I think OpenHands maintainers should discuss whether snapshot & restore is a prioritized feature, and if it is slotted onto the roadmap, discuss how to have generally usable implementation of it that isn't so kernel & btrfs dependent.
My recommendation is to rely on user-space tooling like cp -r, rsync and hardlinks and such that are user-space and broadly supported by all runtimes.
This is a neat idea, but I feel like for a multi-runtime and cross-platform (Mac, Linux, Windows), the sandbox snapshot & restore capability should be:
- be introduced at the top Runtime level, so that it's supported on all types of deployments (local and Kubernetes)

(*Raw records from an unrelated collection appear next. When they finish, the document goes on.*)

-- ===== src/Tunnel/Router/Routes.antt =====
-- What the routing table promises: five addresses, each with one slot.
use sangtachi.Prelude.{
  ℕ, zero, suc, ◌+◌, ◌*◌, ◌%◌, ◌/◌, ◌≤◌, ◌<◌, ◌≡◌, ◌↔◌, ◌⊎◌, refl, ap, ◌∙◌, inl, inr, true, false,
  none, some, List, [], ◌∷◌, ◌==◌, if◌then◌else◌, bit_and, get_or, set, length, get_or-set_self,
  get_or-set_ne, length-set, arith, Option-cases,
}
use sangtachi.Prelude.Bits.{bit_and-shift, bit_and-low_mask}
use sangtachi.Protocol.{max_peers}
use sangtachi.Tunnel.Router.{
  is_not_unicast, route_index, SessionRef, Router, same_session, assign, release_slots, release,
  lookup,
}

low_octet : (a : ℕ) → bit_and a 0xff ≡ a % 256
low_octet a = bit_and-low_mask 8 a

high_octets : (a : ℕ) → a < 0x1_0000_0000 → bit_and a 0xffff_ff00 ≡ a / 256 * 256
high_octets a h =
    bit_and-shift 8 a 0xff_ffff ∙ ap (λ t. t * 256) (bit_and-low_mask 24 (a / 256) ∙ omega arith)

-- The addresses with a slot are 10.100.0.1 to 10.100.0.5, and the slot is the last octet.
pub route_index_iff :
    (ip n : ℕ)
    → ip < 0x1_0000_0000
    → (route_index ip ≡ some n) ↔ ((1 ≤ n) × (n ≤ max_peers) × (ip ≡ 0x0a64_0000 + n))
unfolding route_index
route_index_iff ip n h = ground (arith, low_octet ip, high_octets ip h)

high_nibble : (a : ℕ) → a < 0x1_0000_0000 → bit_and a 0xf000_0000 ≡ a / 0x1000_0000 * 0x1000_0000
high_nibble a h =
    bit_and-shift 28 a 15
    ∙ ap (λ t. t * 0x1000_0000) (bit_and-low_mask 4 (a / 0x1000_0000) ∙ omega arith)

-- 224.0.0.0/4, the limited broadcast and the broadcast of the virtual network.
abbrev pub IsReserved : ℕ → Type 0
IsReserved ip = ((0xe000_0000 ≤ ip) × (ip < 0xf000_0000)) ⊎ (ip ≡ 0xffff_ffff) ⊎ (ip ≡ 0x0a64_00ff)

-- `is_not_unicast` holds exactly of the addresses from 224.0.0.0 up to, not including, 240.0.0.0,
-- of 255.255.255.255 and of 10.100.0.255.
pub is_not_unicast_iff : (ip : ℕ) → ip < 0x1_0000_0000 → (is_not_unicast ip ≡ true) ↔ IsReserved ip
unfolding is_not_unicast
is_not_unicast_iff ip h = ground (arith, high_nibble ip h)

-- The table has its six slots.
abbrev pub IsTable : Router → Type 0
IsTable r = length r.slots ≡ max_peers + 1

route_index-injective :
    (a b n : ℕ)
    → a < 0x1_0000_0000
    → b < 0x1_0000_0000
    → route_index a ≡ some n
    → route_index b ≡ some n
    → a ≡ b
route_index-injective a b n p q e f =
    omega (arith, ((route_index_iff a n p).0 e).2, ((route_index_iff b n q).0 f).2)

module _ (r : Router) (ip session n : ℕ) (e : route_index ip ≡ some n) where
  assign_routed :
      (assign r ip session).0 ≡ true
      → (assign r ip session ≡ (true, record { slots = set r.slots n (some session) }))
        × (get_or r.slots n none ≡ none)
  unfolding assign
  assign_routed h = ground (arith, e, h)

lookup_routed :
    (ip n : ℕ) → route_index ip ≡ some n → (r : Router) → lookup r ip ≡ get_or r.slots n none
unfolding lookup
lookup_routed ip n e r = ground (arith, e)

lookup_unrouted : (r : Router) (ip : ℕ) → route_index ip ≡ none → lookup r ip ≡ none
unfolding lookup
lookup_unrouted r ip e = ground (arith, e)

assign_unrouted :
    (r : Router) (ip session : ℕ) → route_index ip ≡ none → (assign r ip session).0 ≡ false
unfolding assign
assign_unrouted r ip session e = ground (arith, e)

-- A lookup in the table where slot `n`, that of address `ip`, was set.
lookup-set :
    (r : Router) (ip other session n : ℕ)
    → IsTable r
    → ip < 0x1_0000_0000
    → other < 0x1_0000_0000
    → route_index ip ≡ some n
    → lookup (record { slots = set r.slots n (some session) }) other
      ≡ (if other == ip then some session else lookup r other)
lookup-set r ip other session n t p q e = elim (Option-cases (route_index other)) [
  | inl u ↦ ground (
    arith,
    u,
    e,
    lookup_unrouted r other u,
    lookup_unrouted (record { slots = set r.slots n (some session) }) other u,
  )
  | inr (m, f) ↦ ground (
    arith,
    e,
    f,
    t,
    (route_index_iff ip n p).0 e,
    route_index-injective ip other n p q e,
    lookup_routed other m f r,
    lookup_routed other m f (record { slots = set r.slots n (some session) }),
    get_or-set_self r.slots n (some session) none,
    get_or-set_ne r.slots n m (some session) none,
  )
]

-- After a successful assignment the address, which was free, leads to the session, and every other
-- address leads where it led.
pub lookup-assign :
    (r : Router) (ip other session : ℕ)
    → IsTable r
    → ip < 0x1_0000_0000
    → other < 0x1_0000_0000
    → (assign r ip session).0 ≡ true
    → (lookup (assign r ip session).1 other
        ≡ (if other == ip then some session else lookup r other))
      × (lookup r ip ≡ none)
      × IsTable (assign r ip session).1
lookup-assign r ip other session t p q h = elim (Option-cases (route_index ip)) [
  | inl u ↦ absurd (ground (arith, assign_unrouted r ip session u, h))
  | inr (n, e) ↦
      let k = assign_routed r ip session n e h in
      rw (k.0) (
        lookup-set r ip other session n t p q e,
        lookup_routed ip n e r ∙ k.1,
        length-set r.slots n (some session) ∙ t,
      )
]

get_or-release_slots :
    (session : ℕ) (slots : List SessionRef) (i : ℕ)
    → get_or (release_slots session slots) i none
      ≡ (if same_session (get_or slots i none) session then none else get_or slots i none)
get_or-release_slots session [] i = refl
get_or-release_slots session (s ∷ slots) zero = refl
get_or-release_slots session (s ∷ slots) (suc i) = get_or-release_slots session slots i

-- A released session is behind no address, and the other sessions stay where they are.
pub lookup-release :
    (r : Router) (session ip : ℕ)
    → lookup (release r session) ip
      ≡ (if same_session (lookup r ip) session then none else lookup r ip)
lookup-release r session ip = elim (Option-cases (route_index ip)) [
  | inl u ↦ rw (lookup_unrouted (release r session) ip u, lookup_unrouted r ip u)
  | inr (n, e) ↦
      rw (lookup_routed ip n e (release r session), lookup_routed ip n e r)
        (unfold release in get_or-release_slots session r.slots n)
]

- have a common denominator base implementation that works across all platforms, using more basic approaches such as raw
cp -rorrsync, which works on all OS- each specific runtime, if they have a more specific implementation, can override and do something bespoke
The way this PR is implemented right now, it's too focused on Linux kernel with root + btrfs support, whereas that's not the case for Mac OSX docker engine, and not the case for Google Cloud Kubernetes engine. The requirement to have
sudoand install system level packages in the host machine is a security concern.I think OpenHands maintainers should discuss whether snapshot & restore is a prioritized feature, and if it is slotted onto the roadmap, discuss how to have generally usable implementation of it that isn't so kernel & btrfs dependent.
My recommendation is to rely on user-space tooling like
cp -r,rsyncand hardlinks and such that are user-space and broadly supported by all runtimes.
I agree most of this comments. Not only the Mac and gcp, I remember currently openhands still have some problem on Windwos without WSL. I agree that we should discuss whether snapshot & restore is a prioritized feature.
This PR is stale because it has been open for 30 days with no activity. Remove stale label or comment or this will be closed in 7 days.
This PR was closed because it has been stalled for over 30 days with no activity.